◆ RECORDED DATA
──────

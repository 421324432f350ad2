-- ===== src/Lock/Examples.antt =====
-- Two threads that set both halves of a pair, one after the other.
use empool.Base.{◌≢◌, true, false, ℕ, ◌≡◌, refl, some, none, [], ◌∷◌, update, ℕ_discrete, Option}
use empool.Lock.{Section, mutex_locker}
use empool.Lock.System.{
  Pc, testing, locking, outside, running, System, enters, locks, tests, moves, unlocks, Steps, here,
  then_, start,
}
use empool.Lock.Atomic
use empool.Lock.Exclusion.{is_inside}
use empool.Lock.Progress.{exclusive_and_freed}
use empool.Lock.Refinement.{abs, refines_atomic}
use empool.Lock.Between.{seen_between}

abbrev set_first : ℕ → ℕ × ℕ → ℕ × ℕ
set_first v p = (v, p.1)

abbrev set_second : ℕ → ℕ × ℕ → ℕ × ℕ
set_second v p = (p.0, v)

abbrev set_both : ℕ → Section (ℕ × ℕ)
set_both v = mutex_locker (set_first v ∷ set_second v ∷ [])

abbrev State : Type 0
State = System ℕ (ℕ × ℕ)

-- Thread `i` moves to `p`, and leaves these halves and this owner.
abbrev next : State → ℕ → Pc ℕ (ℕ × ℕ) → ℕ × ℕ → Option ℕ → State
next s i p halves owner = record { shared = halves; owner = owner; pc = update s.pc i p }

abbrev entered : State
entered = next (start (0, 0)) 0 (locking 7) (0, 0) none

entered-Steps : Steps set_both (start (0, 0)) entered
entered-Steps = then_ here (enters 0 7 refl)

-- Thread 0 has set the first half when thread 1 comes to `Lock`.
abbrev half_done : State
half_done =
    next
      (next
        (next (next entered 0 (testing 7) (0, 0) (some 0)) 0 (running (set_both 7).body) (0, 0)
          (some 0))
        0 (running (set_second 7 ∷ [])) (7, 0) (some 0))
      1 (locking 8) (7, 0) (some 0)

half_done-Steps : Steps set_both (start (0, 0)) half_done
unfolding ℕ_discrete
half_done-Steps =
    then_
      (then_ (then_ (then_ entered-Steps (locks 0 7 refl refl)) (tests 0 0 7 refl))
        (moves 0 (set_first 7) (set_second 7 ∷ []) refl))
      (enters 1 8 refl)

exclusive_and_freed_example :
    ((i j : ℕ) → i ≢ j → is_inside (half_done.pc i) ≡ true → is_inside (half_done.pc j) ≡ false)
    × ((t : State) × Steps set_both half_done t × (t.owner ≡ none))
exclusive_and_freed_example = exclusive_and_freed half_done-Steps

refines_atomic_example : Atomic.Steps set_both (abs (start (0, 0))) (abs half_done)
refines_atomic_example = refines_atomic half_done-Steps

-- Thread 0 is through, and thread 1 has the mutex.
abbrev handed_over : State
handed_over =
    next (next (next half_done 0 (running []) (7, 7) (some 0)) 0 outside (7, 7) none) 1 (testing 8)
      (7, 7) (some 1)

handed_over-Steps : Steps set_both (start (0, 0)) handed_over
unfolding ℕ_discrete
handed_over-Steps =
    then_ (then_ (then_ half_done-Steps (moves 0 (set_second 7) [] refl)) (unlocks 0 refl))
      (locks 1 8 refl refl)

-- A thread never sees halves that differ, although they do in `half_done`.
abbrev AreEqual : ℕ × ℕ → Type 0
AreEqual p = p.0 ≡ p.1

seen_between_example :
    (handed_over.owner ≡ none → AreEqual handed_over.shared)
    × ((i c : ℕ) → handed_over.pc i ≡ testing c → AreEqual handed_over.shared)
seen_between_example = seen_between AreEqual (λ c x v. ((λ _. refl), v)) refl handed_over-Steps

──────

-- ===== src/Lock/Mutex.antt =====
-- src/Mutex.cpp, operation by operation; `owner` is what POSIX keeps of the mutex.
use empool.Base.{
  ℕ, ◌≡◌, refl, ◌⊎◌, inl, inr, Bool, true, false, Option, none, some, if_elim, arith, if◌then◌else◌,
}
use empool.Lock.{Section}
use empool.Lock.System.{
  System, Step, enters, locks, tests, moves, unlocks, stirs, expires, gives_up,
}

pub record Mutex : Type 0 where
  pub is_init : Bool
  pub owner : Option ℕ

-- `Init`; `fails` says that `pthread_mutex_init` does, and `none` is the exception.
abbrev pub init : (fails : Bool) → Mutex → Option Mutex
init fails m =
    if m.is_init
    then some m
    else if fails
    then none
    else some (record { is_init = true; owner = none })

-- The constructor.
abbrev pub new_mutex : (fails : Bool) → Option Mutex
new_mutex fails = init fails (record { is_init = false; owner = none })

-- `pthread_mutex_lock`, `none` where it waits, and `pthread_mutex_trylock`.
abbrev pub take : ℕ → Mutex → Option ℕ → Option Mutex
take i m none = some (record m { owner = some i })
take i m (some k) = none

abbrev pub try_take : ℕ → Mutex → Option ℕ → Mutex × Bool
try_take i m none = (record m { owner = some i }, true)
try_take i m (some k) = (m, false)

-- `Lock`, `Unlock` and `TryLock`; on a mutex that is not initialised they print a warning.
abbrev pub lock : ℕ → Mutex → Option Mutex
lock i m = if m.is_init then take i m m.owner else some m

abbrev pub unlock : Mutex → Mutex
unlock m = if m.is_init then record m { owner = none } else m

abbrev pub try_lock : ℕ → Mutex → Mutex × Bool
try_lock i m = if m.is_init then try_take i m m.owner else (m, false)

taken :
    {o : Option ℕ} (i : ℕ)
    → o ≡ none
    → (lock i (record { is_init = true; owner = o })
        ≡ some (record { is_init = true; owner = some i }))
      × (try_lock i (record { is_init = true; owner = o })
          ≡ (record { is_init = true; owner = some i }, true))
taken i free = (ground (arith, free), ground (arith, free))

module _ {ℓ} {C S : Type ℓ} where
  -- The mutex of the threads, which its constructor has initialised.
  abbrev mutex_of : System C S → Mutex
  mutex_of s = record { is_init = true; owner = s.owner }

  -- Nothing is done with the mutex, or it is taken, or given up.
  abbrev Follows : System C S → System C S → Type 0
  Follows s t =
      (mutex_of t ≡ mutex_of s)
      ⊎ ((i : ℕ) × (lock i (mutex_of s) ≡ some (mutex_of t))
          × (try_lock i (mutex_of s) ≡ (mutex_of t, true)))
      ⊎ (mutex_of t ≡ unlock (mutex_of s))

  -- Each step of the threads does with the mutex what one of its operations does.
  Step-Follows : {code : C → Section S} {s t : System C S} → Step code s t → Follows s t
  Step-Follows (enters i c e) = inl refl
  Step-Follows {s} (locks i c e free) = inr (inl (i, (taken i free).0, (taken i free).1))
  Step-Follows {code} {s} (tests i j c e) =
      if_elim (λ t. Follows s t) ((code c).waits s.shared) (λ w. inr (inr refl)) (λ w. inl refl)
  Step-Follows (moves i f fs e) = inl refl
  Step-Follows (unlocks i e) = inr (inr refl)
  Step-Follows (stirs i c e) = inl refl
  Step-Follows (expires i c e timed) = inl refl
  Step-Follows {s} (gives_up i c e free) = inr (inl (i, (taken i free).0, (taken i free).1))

──────

Could you retype exactly the lines above, starting at the line that contains "pub record Mutex : Type 0 where" and ending at the line that contains "-- The constructor.", and nothing more?

pub record Mutex : Type 0 where
  pub is_init : Bool
  pub owner : Option ℕ

-- `Init`; `fails` says that `pthread_mutex_init` does, and `none` is the exception.
abbrev pub init : (fails : Bool) → Mutex → Option Mutex
init fails m =
    if m.is_init
    then some m
    else if fails
    then none
    else some (record { is_init = true; owner = none })

-- The constructor.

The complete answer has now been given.